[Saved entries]
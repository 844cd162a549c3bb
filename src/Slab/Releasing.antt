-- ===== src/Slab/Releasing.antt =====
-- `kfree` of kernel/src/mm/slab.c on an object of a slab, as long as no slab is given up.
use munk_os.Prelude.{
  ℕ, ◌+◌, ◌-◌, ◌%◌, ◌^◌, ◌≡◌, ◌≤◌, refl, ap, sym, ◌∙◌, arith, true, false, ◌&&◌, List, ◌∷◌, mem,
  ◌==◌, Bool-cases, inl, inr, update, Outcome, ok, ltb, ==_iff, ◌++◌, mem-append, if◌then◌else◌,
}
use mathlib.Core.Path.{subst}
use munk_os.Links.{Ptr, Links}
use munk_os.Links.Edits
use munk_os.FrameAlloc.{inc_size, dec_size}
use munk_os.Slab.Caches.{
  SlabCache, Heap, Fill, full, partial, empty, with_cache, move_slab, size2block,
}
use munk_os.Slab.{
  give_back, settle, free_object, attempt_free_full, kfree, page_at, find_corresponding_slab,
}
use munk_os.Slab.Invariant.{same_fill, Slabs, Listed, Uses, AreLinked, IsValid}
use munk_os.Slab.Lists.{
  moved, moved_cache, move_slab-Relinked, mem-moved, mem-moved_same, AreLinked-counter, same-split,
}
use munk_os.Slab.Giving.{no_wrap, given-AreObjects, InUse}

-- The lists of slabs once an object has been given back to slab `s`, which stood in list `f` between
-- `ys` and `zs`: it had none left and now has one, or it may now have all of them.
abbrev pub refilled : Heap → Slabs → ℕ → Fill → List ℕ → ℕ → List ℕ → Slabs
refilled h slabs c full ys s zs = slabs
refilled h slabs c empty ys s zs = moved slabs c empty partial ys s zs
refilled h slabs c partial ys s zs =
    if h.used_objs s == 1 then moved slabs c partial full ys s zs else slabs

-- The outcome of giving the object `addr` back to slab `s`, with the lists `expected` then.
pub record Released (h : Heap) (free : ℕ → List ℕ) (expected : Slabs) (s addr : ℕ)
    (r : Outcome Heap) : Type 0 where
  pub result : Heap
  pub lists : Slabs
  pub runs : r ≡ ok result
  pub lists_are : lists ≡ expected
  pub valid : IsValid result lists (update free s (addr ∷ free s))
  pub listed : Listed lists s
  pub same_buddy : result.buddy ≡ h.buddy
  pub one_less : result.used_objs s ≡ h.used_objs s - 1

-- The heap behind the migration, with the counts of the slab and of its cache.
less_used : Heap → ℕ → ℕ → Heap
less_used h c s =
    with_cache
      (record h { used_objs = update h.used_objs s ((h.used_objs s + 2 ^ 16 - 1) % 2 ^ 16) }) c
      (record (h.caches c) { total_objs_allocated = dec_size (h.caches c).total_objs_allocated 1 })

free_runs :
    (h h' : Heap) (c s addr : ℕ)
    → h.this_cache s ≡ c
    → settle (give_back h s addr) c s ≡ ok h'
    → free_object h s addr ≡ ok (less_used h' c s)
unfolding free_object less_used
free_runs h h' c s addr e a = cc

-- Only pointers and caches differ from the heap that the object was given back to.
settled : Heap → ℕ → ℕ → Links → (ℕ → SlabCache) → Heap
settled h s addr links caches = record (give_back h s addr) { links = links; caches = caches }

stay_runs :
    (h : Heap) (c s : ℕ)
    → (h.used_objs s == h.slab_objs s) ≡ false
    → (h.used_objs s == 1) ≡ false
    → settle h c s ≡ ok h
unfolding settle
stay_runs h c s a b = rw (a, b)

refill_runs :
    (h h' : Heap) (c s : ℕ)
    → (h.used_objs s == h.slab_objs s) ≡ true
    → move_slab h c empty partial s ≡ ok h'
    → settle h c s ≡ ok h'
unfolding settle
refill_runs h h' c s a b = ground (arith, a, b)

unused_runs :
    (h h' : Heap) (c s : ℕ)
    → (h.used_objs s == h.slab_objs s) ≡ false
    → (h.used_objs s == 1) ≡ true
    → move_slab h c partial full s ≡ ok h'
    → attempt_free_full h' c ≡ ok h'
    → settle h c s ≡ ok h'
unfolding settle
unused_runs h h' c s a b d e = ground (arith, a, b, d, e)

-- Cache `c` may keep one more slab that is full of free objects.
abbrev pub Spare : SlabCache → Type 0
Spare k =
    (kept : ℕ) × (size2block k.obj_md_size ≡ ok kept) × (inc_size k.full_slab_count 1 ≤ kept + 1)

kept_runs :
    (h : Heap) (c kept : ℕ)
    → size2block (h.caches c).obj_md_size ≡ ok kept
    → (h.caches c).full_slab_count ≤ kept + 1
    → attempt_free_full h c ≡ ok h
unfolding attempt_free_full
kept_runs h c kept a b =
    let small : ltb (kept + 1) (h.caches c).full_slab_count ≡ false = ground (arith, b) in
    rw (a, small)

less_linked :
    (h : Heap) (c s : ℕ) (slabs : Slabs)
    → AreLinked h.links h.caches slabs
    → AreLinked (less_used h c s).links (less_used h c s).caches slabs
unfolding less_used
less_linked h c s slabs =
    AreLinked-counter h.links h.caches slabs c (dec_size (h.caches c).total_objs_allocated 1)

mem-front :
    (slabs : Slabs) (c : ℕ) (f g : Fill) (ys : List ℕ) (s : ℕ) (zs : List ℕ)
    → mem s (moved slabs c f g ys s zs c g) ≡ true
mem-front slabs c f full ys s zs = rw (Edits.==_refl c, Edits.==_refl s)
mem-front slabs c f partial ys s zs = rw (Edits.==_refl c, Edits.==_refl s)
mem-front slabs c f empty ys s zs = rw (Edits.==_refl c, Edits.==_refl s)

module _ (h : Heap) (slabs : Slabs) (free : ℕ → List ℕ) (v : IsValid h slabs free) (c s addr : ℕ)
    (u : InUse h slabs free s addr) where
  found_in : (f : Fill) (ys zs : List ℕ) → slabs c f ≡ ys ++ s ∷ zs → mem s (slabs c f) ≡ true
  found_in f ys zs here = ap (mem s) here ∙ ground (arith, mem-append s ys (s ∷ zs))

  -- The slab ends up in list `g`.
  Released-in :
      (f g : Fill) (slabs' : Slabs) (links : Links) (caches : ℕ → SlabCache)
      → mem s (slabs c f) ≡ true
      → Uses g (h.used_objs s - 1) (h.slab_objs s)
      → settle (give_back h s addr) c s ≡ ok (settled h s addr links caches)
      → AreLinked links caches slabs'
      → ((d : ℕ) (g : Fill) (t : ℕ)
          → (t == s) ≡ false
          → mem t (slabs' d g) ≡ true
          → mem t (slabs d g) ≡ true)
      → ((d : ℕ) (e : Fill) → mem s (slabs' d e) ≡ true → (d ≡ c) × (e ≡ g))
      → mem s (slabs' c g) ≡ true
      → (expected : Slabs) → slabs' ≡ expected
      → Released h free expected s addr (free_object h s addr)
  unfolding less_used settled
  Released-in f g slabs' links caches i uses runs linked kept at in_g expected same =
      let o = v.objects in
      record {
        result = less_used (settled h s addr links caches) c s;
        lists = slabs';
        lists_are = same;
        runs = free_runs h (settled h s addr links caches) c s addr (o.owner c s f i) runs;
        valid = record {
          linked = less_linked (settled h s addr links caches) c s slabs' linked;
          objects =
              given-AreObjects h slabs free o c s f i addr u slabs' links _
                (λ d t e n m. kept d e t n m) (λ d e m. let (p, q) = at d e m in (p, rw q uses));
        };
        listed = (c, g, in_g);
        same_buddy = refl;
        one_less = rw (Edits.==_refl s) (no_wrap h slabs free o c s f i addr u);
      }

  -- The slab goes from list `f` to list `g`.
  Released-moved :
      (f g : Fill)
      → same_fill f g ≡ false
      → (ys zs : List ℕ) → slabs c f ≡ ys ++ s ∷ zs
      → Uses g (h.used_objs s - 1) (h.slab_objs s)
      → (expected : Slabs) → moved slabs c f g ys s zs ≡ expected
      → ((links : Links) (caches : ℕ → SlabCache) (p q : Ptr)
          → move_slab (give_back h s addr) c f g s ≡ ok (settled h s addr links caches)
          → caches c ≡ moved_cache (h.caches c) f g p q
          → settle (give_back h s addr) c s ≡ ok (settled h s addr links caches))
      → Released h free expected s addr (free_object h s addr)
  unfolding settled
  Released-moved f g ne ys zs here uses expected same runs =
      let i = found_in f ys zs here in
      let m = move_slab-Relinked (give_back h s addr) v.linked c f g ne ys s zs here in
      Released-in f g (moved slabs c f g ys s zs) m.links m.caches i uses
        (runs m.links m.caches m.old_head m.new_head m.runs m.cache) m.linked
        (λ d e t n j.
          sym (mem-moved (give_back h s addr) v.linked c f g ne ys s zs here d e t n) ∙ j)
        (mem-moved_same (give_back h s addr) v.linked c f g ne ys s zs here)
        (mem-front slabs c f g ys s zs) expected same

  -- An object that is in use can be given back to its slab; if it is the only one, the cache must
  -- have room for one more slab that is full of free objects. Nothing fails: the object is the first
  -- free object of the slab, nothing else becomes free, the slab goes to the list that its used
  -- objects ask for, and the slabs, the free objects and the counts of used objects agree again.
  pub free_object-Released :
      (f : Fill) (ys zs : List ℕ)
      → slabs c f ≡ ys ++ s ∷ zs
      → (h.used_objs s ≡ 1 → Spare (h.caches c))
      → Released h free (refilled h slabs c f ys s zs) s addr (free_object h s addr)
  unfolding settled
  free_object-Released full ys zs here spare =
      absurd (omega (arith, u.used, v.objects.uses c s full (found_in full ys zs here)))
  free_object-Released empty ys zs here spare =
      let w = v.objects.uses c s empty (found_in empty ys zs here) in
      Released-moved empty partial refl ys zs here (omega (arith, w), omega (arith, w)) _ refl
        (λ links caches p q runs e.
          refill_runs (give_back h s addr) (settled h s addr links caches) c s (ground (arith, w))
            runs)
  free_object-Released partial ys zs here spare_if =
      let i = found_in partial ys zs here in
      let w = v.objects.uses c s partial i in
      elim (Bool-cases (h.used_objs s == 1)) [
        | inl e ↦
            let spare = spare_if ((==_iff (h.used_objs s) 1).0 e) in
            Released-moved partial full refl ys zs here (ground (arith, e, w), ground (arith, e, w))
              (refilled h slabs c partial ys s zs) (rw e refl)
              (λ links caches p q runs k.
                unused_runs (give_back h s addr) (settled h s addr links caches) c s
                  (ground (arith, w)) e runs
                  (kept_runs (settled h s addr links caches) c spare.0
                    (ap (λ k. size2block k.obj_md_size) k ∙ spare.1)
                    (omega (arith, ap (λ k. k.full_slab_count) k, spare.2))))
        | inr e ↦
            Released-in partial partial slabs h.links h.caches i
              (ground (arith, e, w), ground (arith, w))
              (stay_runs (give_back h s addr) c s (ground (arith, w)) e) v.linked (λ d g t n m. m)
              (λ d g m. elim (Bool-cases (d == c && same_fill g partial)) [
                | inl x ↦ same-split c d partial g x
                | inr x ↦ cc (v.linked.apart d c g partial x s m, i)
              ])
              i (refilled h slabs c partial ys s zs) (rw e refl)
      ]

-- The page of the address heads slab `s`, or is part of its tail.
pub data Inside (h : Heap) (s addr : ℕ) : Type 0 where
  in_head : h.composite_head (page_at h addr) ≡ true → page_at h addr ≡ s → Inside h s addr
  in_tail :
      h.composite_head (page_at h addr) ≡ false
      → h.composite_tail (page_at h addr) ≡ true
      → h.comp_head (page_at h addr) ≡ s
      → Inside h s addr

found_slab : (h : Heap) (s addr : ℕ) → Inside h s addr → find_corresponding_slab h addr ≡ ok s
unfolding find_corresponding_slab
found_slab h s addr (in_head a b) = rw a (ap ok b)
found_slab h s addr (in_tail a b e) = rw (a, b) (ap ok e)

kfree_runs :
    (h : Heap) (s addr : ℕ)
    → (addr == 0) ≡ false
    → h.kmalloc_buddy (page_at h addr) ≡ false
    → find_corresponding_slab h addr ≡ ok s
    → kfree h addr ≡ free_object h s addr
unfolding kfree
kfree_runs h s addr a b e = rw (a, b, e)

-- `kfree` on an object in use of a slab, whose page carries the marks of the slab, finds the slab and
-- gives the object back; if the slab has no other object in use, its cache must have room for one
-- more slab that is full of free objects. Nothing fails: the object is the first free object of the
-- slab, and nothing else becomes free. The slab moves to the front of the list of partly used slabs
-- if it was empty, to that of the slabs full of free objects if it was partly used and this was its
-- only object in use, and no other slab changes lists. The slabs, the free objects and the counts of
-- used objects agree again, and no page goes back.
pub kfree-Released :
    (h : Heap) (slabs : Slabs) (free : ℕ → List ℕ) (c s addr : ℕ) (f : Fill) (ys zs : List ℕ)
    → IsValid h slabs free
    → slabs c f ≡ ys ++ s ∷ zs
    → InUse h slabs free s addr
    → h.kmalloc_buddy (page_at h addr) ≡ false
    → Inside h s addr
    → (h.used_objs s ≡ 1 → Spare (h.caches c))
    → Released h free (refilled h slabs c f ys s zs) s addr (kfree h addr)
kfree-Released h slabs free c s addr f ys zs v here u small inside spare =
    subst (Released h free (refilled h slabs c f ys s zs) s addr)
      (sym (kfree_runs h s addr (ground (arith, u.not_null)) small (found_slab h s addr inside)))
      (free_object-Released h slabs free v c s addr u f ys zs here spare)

==

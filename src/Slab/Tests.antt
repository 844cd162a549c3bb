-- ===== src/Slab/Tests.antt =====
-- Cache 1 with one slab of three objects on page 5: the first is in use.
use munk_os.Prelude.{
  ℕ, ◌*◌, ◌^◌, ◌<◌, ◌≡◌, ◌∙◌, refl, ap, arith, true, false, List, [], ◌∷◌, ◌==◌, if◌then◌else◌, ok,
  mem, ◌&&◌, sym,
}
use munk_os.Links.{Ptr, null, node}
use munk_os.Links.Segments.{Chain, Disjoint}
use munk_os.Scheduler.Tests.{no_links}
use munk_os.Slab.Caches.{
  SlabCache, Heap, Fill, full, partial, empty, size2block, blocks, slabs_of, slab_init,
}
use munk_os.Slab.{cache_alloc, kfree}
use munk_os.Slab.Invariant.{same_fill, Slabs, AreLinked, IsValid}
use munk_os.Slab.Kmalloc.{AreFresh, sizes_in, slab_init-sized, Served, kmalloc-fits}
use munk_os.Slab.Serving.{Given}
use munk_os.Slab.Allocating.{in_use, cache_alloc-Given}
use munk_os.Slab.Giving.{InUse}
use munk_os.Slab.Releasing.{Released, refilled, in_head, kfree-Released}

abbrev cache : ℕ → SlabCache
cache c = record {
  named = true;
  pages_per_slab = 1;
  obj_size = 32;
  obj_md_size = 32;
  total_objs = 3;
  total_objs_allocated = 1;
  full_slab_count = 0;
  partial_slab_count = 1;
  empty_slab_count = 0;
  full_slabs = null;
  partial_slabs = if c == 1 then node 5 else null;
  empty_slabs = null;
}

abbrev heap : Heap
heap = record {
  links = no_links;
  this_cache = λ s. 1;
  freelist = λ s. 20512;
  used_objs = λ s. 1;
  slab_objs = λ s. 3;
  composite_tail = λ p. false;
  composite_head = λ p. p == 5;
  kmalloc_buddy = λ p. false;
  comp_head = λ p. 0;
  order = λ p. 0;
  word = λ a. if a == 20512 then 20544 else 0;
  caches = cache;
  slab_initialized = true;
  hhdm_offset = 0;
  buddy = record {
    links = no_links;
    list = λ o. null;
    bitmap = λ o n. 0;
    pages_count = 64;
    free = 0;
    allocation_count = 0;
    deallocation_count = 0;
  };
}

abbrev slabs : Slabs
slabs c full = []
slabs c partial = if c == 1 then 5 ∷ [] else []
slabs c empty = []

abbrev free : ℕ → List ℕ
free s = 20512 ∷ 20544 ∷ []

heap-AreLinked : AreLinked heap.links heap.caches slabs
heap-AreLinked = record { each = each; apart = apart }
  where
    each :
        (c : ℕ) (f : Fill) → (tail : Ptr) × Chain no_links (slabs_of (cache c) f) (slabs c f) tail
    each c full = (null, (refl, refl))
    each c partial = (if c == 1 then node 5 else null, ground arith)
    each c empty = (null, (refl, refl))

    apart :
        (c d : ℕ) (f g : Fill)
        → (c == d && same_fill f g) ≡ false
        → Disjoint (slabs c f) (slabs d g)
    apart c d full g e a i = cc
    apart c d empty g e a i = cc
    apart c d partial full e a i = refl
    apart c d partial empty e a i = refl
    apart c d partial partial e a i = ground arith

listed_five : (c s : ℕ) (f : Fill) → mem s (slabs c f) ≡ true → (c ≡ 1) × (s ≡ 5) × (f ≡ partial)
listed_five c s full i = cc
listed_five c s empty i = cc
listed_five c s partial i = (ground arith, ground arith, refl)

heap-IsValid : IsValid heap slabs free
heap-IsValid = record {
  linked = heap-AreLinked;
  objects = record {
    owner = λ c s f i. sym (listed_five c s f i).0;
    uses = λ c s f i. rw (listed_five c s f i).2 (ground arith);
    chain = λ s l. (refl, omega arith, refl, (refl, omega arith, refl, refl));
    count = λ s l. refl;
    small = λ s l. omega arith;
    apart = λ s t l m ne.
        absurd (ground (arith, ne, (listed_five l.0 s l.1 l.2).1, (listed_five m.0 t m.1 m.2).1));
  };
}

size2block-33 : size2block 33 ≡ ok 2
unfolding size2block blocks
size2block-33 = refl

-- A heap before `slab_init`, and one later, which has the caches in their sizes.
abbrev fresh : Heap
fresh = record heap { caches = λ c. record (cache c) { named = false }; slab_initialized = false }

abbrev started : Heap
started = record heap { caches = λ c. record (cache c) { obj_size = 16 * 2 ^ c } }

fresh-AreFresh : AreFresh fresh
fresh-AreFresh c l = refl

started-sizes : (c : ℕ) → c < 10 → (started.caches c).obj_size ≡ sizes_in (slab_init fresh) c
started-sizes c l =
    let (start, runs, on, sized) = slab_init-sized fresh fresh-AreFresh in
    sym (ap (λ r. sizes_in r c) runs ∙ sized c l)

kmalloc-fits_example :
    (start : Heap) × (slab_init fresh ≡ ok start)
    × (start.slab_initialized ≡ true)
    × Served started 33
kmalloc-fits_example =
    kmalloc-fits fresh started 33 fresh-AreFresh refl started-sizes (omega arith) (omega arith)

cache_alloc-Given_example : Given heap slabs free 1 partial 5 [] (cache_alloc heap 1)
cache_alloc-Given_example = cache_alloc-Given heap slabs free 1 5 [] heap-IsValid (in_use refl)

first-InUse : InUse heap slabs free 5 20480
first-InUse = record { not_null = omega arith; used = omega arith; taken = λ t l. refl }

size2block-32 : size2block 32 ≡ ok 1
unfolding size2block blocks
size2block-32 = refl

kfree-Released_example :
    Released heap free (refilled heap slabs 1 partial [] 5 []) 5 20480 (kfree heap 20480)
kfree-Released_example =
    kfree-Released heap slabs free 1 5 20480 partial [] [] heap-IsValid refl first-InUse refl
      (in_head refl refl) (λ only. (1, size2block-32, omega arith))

◆ **What is required**
Say how many lines in the data hold the string "node", and write nothing else.

◆ **Exercise output**
3